Many of the the soldiers I‘ve talked to who served under the UN (UNPROFOR) say they will never put on a blue beret again....


----------



## ghazise (29 May 2004)

Well think about this BATMAN;
???  The composition of the United Nations is every government of the planet put into the same room in New York City.  But every member state has it‘s own priorities.  The best interests of the world are not always put first, and not everyone has a say.   
???  Unfortunately many people in the world especially Canadians, have this almighty view of the United Nations.
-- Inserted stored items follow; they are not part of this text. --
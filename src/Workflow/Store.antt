-- ===== src/Workflow/Store.antt =====
-- The tables of features/project_map/store.py that the modification workflow reads and writes,
-- and a transaction on them.
use bridle.Prelude.{ℕ, String, Bool, ◌&&◌, Option, List, [], ◌∷◌, Eq, ◌==◌, string_eq, select_one}
use bridle.Prelude.Json.{Json, Fields}
use bridle.Errors.{Result}
use bridle.Workflow.Machine.{ModificationState, ModificationEvent}

-- A row of `modification_workflows`, whose primary key is `node_id`.
pub record Workflow : Type 0 where
  pub node_id : String
  pub state : ModificationState
  pub revision : ℕ
  pub test_contract_version : Option String

-- A row of `modification_events`.
pub record EventRow : Type 0 where
  pub event_id : String
  pub node_id : String
  pub event : ModificationEvent
  pub from_state : Option ModificationState
  pub to_state : ModificationState
  pub revision : ℕ
  pub payload : Fields

pub data ContractState : Type 0 where
  frozen invalidated : ContractState

unfoldable pub ContractState-discrete : Discrete ContractState
ContractState-discrete = hlevel

instance unfoldable pub contract_state_eq : Eq ContractState
unfolding ContractState-discrete
contract_state_eq = record { dec = ContractState-discrete }

-- A row of `test_contracts`; `snapshot` is the serialized text.
pub record ContractRow : Type 0 where
  pub node_id : String
  pub contract_version : String
  pub snapshot : String
  pub state : ContractState
  pub invalidation_reason : Option String

pub data Phase : Type 0 where
  red final : Phase

pub data RunState : Type 0 where
  queued running completed failed : RunState

unfoldable pub Phase-discrete : Discrete Phase
Phase-discrete = hlevel

unfoldable pub RunState-discrete : Discrete RunState
RunState-discrete = hlevel

instance unfoldable pub phase_eq : Eq Phase
unfolding Phase-discrete
phase_eq = record { dec = Phase-discrete }

instance unfoldable pub run_state_eq : Eq RunState
unfolding RunState-discrete
run_state_eq = record { dec = RunState-discrete }

-- A row of `verification_runs`. A time is a count of microseconds.
pub record RunRow : Type 0 where
  pub run_id : String
  pub node_id : String
  pub phase : Phase
  pub source_revision : ℕ
  pub contract_version : String
  pub candidate_id : Option String
  pub state : RunState
  pub attempt : ℕ
  pub next_retry_at : Option ℕ
  pub max_attempts : ℕ
  pub terminal_reason : Option String
  pub lease_token : Option String
  pub lease_expires_at : Option ℕ
  pub outcome : Option Json
  pub error_code : Option String

-- A row of `change_events`. The payloads of the rows are left out: nothing here reads them.
pub record Change : Type 0 where
  pub entity_type : String
  pub entity_id : String
  pub operation : String

-- `events` and `changes` are append-only and stand here newest first.
pub record Store : Type 0 where
  pub workflows : List Workflow
  pub events : List EventRow
  pub contracts : List ContractRow
  pub runs : List RunRow
  pub changes : List Change

abbrev pub empty : Store
empty = record { workflows = []; events = []; contracts = []; runs = []; changes = [] }

-- What a `with self._connect()` block does: the new tables, which SQLite commits, and the reply; or
-- an exception, and SQLite rolls back what was written.
abbrev pub Tx : Type 0 → Type 0
Tx A = Store → Result (Store × A)

-- `_record_change`
unfoldable pub record_change : String → String → String → Store → Store
record_change entity_type entity_id operation s = record s {
  changes =
      record { entity_type = entity_type; entity_id = entity_id; operation = operation }
      ∷ s.changes;
}

-- `get_modification_workflow`
unfoldable pub get_modification_workflow : String → Store → Option Workflow
get_modification_workflow node_id s = select_one (λ w. w.node_id == node_id) s.workflows

abbrev pub is_frozen_for : String → ContractRow → Bool
is_frozen_for node_id c = c.node_id == node_id && c.state == frozen

abbrev pub is_version_of : String → String → ContractRow → Bool
is_version_of node_id version c = c.node_id == node_id && c.contract_version == version

-- `get_active_test_contract`
unfoldable pub get_active_test_contract : String → Store → Option ContractRow
get_active_test_contract node_id s = select_one (is_frozen_for node_id) s.contracts

-- `get_test_contract`
unfoldable pub get_test_contract : String → String → Store → Option ContractRow
get_test_contract node_id version s = select_one (is_version_of node_id version) s.contracts
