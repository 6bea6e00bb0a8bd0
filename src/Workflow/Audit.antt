-- ===== src/Workflow/Audit.antt =====
-- The audit trail `modification_events` of features/project_map/store.py, read as a run of the
-- state machine for every node.
pub mod Preserved
pub mod Evidence
use mathlib.Core.Option
use bridle.Prelude.{
  ℕ, ◌+◌, String, true, ◌≡◌, Option, none, some, List, [], ◌∷◌, ◌==◌, string_eq, option_eq,
  select_one,
}
use bridle.Workflow.Machine.{ModificationState, target, is_allowed, state_eq}
use bridle.Workflow.Store.{Workflow, EventRow, Store, get_modification_workflow}

-- The newest event of a node; the trail stands newest first.
abbrev pub last_event : String → List EventRow → Option EventRow
last_event node_id = select_one (λ e. e.node_id == node_id)

abbrev pub revision_after : Option EventRow → ℕ
revision_after none = 0
revision_after (some e) = e.revision

abbrev pub state_after : Option EventRow → Option ModificationState
state_after = Option.map (λ e. e.to_state)

-- The event continues the node's trail by one step of the transition table.
pub record Continues (e : EventRow) (es : List EventRow) : Type 0 where
  pub from : e.from_state ≡ state_after (last_event e.node_id es)
  pub counted : e.revision ≡ revision_after (last_event e.node_id es) + 1
  pub permitted : is_allowed e.event e.from_state ≡ true
  pub arrived : e.to_state ≡ target e.event
  pub fresh : select_one (λ r. r.event_id == e.event_id) es ≡ none

abbrev pub IsTrail : List EventRow → Type 0
IsTrail [] = Unit
IsTrail (e ∷ es) = Continues e es × IsTrail es

abbrev pub row_summary : Workflow → ModificationState × ℕ
row_summary w = (w.state, w.revision)

abbrev pub event_summary : EventRow → ModificationState × ℕ
event_summary e = (e.to_state, e.revision)

-- The row of every node is what its last event left.
pub record IsAudited (s : Store) : Type 0 where
  pub trail : IsTrail s.events
  pub agrees :
      (node_id : String)
      → Option.map row_summary (get_modification_workflow node_id s)
        ≡ Option.map event_summary (last_event node_id s.events)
But look at the decision makers at the UN Security Council US, Brits, French, China and Russia.  And if their best interests are not reflected, then they may veto a resolution, call for an inquiry, a special envoy, any of these will delay UN action.   
???  Also the UN has no troops, it relies on contributing Nations, and besides the US, Brits, and French, no nation has the ability to project a self sustaining Combined Armed Task Force on a moments notice.
   But the failure of the UN on any mission is not the responsibility of any one Nation, but of the governments of every nation.  
   Now if you argue that US has made the UN seem ineffective by invading Iraq, well it was US whos‘ lobbying was able to get the UN inspectors back into Iraq. Iran, N/Korea has also kick inspectors of their countries, resolutions against Isreal are passed every month.  I beleave it was Pearson who recognized the developing gap of the 1st World Nations and Developing states and recommended that 0.7% of the a 1st World Nations GDP be contributed through the UN to help close that gap. Canada is around 0.14%.
  My long winded point I trying to make that US is not the only one to blame.
  Two really good books to read are "Shaking Hands with the Devil" allows a good insight about the DPKO and "The CNN Effect"  is good statiscal read about the relationship of Foreign Policy and the Media.


----------



## Bert (29 May 2004)

Also, I think it is extremely optimistic to believe the UN is the body to solve all world problems.  It is not a problem solver.  The structure of the UN and human nature prevent it.
The UN serves as a forum for discussion and
manages agencies as best it can.  

No matter what, each member state has its own agenda and priorities, and will move in its own self-interest.  Dispite the haggling that goes on, the UN is one of the best forums where 
countries can get together and talk in public and
in secret back rooms.  Issues progress with communication, result in consensus, or
bog down with self-interest.

In my opinion, the UN did not fail when "After the US showed the world the UN is ineffective and unimportant when they invaided Iraq".  Rather, the UN provided the forum for discussion and
debate.  And there was debate.  The UN was 
preceived to fail because the US acted on its own
beliefs rather than on the consensus of most members.  That is not a failure of the UN.  The US made a decision and acted on it as all countries are free to do.  The consequences 
however may be good, bad, bitter, or inevitable.


----------



## Goober (30 May 2004)

Bert said:
			
		

> Also, I think it is extremely optimistic to believe the UN is the body to solve all world problems.   It is not a problem solver.   The structure of the UN and human nature prevent it.
> The UN serves as a forum for discussion and
> manages agencies as best it can.
> 
> ...



Good points.


----------



## Edward Campbell (7 Nov 2009)

This story, reproduced under the Fair Dealing provisions (§29) of the Copyright Act from today’s _Ottawa Citizen_, tells us that the United Nations remains predictable:

http://www.ottawacitizen.com/news/Canadian+tossed+from+over+Israel+remarks/2195614/story.html


> Canadian tossed from UN over Israel remarks
> *Scholar critical of report alleging Gaza war crimes*
> 
> By Steven Edwards, Canwest News Service
> ...




More on Anne Bayefsky here and here. She is certainly a *scholar* but one with an agenda.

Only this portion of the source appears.